### The task:
Retype, word for word, every line of the records below starting at the one that contains "take_some rest h" and ending at the one that contains "read_stop fuel results cursor (page_of"; include both of those lines and nothing more.

━━━ Material for this exercise ━━━

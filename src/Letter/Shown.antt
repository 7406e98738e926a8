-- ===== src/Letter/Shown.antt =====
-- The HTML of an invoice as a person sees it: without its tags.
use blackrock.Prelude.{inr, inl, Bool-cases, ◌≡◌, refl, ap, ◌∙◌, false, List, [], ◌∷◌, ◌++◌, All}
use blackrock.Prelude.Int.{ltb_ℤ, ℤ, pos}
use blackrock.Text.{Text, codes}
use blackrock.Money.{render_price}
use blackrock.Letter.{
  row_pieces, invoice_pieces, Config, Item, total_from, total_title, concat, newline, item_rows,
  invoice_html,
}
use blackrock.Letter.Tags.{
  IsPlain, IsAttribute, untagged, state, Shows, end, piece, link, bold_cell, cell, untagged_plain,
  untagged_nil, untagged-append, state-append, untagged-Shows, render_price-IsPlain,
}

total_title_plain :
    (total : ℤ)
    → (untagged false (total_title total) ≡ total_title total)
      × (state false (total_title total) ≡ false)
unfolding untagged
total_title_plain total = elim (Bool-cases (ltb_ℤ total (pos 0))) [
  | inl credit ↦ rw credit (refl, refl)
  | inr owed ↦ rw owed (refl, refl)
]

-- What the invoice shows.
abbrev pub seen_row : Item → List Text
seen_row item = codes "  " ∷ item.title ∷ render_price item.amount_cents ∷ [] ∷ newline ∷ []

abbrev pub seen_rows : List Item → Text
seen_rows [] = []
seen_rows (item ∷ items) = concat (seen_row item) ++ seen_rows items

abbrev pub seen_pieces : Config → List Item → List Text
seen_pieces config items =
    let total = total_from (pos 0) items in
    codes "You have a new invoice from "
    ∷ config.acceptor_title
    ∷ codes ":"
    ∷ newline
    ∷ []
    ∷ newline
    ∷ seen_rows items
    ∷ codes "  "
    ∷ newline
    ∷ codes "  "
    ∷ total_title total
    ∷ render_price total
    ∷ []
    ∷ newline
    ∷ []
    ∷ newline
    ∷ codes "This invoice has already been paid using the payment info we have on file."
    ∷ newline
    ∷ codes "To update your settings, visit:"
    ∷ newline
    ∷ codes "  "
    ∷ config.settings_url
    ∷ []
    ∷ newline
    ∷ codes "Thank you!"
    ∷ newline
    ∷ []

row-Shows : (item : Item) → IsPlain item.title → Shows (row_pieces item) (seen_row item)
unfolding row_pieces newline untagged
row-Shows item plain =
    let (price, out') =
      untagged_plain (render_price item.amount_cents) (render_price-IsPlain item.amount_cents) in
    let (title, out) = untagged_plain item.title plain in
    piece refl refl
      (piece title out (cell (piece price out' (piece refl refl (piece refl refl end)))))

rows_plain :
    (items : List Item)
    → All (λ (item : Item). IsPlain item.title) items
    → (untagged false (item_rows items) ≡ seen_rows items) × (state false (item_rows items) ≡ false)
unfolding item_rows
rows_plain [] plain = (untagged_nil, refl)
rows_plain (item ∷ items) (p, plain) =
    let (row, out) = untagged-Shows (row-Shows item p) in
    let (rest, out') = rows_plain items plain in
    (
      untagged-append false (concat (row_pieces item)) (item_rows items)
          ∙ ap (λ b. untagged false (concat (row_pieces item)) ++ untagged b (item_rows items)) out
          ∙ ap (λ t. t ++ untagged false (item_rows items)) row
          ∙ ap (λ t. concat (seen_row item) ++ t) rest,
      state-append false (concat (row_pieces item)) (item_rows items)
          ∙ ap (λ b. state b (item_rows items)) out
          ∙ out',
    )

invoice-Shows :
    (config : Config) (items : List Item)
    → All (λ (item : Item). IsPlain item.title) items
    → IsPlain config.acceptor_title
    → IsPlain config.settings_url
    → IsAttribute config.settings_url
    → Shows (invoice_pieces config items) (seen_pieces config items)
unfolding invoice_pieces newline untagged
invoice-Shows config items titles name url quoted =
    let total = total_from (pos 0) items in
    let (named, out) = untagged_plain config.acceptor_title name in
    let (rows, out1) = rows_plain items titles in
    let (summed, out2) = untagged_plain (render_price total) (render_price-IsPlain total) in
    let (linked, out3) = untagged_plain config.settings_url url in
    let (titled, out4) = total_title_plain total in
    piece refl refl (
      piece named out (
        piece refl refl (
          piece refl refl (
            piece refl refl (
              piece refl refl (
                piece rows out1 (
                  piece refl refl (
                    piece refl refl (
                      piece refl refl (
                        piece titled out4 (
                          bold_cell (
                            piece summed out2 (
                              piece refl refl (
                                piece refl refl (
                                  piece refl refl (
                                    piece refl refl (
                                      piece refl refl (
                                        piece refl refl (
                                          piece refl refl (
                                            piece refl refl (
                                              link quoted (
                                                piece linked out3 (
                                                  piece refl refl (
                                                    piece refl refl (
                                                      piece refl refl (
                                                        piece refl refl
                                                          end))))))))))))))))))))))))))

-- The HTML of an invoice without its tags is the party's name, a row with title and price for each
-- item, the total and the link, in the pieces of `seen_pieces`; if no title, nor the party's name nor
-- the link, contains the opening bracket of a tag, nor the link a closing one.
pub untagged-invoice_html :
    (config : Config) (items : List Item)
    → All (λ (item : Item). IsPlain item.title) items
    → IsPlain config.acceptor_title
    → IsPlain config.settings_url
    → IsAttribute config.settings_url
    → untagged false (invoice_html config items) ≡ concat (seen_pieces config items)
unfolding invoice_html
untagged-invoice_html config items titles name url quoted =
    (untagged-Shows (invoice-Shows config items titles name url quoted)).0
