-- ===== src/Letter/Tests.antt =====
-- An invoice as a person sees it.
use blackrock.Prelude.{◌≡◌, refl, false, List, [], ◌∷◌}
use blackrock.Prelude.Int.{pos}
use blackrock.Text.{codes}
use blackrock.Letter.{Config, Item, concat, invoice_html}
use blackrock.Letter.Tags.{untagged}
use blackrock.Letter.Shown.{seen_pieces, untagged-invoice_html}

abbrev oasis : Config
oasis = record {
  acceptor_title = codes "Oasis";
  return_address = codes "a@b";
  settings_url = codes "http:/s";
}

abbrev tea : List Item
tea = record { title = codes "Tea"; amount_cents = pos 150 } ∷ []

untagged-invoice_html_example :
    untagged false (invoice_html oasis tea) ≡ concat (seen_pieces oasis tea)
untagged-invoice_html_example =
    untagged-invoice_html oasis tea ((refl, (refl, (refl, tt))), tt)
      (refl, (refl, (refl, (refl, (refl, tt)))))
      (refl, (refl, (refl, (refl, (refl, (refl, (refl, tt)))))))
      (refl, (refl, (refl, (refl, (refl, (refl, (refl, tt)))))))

━━━
━━━ Material for this exercise ━━━

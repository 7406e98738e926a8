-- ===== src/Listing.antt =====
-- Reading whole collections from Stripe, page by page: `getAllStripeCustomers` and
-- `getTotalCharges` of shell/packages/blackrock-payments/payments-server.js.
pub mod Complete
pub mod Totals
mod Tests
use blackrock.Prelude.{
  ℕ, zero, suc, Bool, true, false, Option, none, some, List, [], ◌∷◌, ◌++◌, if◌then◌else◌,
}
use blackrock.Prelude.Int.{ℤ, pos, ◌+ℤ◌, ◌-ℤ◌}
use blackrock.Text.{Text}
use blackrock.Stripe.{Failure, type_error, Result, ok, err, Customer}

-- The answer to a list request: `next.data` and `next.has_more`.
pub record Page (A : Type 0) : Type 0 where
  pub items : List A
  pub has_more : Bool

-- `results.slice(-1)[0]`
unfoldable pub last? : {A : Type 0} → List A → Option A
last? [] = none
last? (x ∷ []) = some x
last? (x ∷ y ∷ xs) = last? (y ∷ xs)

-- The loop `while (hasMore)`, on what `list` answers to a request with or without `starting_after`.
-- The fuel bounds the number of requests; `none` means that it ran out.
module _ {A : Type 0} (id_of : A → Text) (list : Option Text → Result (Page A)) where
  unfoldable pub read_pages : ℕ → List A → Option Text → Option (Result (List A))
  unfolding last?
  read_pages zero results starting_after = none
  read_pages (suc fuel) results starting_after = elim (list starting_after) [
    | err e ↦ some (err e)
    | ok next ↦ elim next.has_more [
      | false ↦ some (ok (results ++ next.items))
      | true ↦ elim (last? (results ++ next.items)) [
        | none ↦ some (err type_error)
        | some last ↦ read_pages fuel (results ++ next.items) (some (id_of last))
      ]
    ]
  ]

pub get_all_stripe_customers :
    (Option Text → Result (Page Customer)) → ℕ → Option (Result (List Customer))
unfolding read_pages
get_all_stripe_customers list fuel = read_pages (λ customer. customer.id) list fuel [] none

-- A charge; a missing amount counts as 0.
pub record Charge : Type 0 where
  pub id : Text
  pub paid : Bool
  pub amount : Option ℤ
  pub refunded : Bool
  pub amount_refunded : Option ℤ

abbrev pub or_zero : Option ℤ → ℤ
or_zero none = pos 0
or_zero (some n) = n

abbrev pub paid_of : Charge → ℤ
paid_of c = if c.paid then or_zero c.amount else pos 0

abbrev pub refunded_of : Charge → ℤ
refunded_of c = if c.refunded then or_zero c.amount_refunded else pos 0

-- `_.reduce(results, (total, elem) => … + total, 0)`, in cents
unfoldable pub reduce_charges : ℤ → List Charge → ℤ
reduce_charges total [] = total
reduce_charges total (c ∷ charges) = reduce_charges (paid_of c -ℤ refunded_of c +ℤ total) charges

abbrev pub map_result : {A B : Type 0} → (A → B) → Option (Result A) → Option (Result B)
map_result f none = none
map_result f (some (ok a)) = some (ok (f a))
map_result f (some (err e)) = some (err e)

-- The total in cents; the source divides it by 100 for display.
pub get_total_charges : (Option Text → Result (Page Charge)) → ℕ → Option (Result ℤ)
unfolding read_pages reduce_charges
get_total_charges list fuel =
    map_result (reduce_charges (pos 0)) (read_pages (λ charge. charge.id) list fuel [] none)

━━━
━━━ Material for this exercise ━━━

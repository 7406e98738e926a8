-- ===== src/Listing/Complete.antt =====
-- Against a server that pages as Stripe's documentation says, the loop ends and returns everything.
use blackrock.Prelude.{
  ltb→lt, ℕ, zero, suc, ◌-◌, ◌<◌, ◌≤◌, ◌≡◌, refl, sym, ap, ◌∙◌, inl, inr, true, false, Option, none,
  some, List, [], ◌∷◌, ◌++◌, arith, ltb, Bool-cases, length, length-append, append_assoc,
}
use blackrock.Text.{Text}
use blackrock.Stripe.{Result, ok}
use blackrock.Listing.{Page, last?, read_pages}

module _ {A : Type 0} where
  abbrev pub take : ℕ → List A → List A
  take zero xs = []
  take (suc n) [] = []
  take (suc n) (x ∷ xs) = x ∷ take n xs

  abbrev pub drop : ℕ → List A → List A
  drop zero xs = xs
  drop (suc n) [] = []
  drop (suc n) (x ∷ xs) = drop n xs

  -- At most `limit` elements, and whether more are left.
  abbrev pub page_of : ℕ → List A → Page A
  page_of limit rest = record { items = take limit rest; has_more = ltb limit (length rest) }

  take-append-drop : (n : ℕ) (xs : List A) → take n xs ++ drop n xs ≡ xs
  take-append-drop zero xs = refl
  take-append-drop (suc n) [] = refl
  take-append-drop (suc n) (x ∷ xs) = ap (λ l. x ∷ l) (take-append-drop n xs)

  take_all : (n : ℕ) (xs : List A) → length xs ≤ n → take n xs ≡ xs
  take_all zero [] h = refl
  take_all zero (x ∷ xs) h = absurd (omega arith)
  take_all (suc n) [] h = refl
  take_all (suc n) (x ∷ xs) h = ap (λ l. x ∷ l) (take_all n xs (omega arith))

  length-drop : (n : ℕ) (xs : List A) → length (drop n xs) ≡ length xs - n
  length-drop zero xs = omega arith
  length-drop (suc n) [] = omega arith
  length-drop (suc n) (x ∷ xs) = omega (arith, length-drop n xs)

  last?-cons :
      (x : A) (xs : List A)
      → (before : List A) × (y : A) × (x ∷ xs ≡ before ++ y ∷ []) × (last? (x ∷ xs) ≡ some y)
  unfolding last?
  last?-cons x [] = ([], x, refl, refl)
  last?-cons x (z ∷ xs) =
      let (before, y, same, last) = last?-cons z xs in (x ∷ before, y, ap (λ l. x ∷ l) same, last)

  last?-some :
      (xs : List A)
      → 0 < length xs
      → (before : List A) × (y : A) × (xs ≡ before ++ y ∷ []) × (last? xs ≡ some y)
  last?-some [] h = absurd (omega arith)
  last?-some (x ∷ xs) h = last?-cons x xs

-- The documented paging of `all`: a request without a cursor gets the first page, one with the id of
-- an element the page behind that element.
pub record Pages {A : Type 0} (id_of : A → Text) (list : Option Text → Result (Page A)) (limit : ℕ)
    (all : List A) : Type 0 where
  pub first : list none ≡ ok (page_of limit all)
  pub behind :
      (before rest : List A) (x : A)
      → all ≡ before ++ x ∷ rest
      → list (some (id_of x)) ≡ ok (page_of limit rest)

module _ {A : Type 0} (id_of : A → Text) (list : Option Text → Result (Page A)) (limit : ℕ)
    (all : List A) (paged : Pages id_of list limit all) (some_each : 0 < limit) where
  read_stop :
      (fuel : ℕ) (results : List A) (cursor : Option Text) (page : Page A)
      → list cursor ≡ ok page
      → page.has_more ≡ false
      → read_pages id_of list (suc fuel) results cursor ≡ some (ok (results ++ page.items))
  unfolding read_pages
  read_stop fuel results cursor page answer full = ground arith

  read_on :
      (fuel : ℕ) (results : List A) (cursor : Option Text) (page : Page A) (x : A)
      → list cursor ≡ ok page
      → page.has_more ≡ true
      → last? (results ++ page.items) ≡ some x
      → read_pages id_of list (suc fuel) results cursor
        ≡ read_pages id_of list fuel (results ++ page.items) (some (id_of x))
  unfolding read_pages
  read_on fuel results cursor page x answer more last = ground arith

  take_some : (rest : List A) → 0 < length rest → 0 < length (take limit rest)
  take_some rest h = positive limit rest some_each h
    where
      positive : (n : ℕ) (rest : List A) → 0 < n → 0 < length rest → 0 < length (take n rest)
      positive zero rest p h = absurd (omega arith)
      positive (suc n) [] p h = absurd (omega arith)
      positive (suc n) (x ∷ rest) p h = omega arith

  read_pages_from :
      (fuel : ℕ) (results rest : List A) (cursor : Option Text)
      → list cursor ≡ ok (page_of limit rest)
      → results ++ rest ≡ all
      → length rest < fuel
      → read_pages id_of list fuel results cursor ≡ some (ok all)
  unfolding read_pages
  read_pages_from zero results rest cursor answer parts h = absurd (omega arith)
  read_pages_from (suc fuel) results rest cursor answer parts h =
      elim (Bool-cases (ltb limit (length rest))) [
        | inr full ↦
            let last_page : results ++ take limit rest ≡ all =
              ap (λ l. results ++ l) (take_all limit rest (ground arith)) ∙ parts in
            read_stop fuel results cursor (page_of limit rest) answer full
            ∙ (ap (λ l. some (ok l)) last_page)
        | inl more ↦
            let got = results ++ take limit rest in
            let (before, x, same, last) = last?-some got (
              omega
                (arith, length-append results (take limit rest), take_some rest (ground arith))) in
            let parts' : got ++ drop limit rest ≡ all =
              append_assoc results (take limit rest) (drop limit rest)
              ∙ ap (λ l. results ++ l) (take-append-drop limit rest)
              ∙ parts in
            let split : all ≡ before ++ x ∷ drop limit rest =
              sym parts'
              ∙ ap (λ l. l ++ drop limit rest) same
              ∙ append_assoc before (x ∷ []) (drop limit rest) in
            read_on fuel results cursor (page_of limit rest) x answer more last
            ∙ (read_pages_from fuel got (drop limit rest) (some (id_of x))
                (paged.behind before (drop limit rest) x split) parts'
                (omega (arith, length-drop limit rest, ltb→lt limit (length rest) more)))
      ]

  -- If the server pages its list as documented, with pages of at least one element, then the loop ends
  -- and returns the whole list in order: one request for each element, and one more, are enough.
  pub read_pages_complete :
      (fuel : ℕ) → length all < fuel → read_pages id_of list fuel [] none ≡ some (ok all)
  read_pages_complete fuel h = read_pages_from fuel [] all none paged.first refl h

━━━

### Answer for the task:
  take_some rest h = positive limit rest some_each h
    where
      positive : (n : ℕ) (rest : List A) → 0 < n → 0 < length rest → 0 < length (take n rest)
      positive zero rest p h = absurd (omega arith)
      positive (suc n) [] p h = absurd (omega arith)
      positive (suc n) (x ∷ rest) p h = omega arith

  read_pages_from :
      (fuel : ℕ) (results rest : List A) (cursor : Option Text)
      → list cursor ≡ ok (page_of limit rest)
      → results ++ rest ≡ all
      → length rest < fuel
      → read_pages id_of list fuel results cursor ≡ some (ok all)
  unfolding read_pages
  read_pages_from zero results rest cursor answer parts h = absurd (omega arith)
  read_pages_from (suc fuel) results rest cursor answer parts h =
      elim (Bool-cases (ltb limit (length rest))) [
        | inr full ↦
            let last_page : results ++ take limit rest ≡ all =
              ap (λ l. results ++ l) (take_all limit rest (ground arith)) ∙ parts in
            read_stop fuel results cursor (page_of limit rest) answer full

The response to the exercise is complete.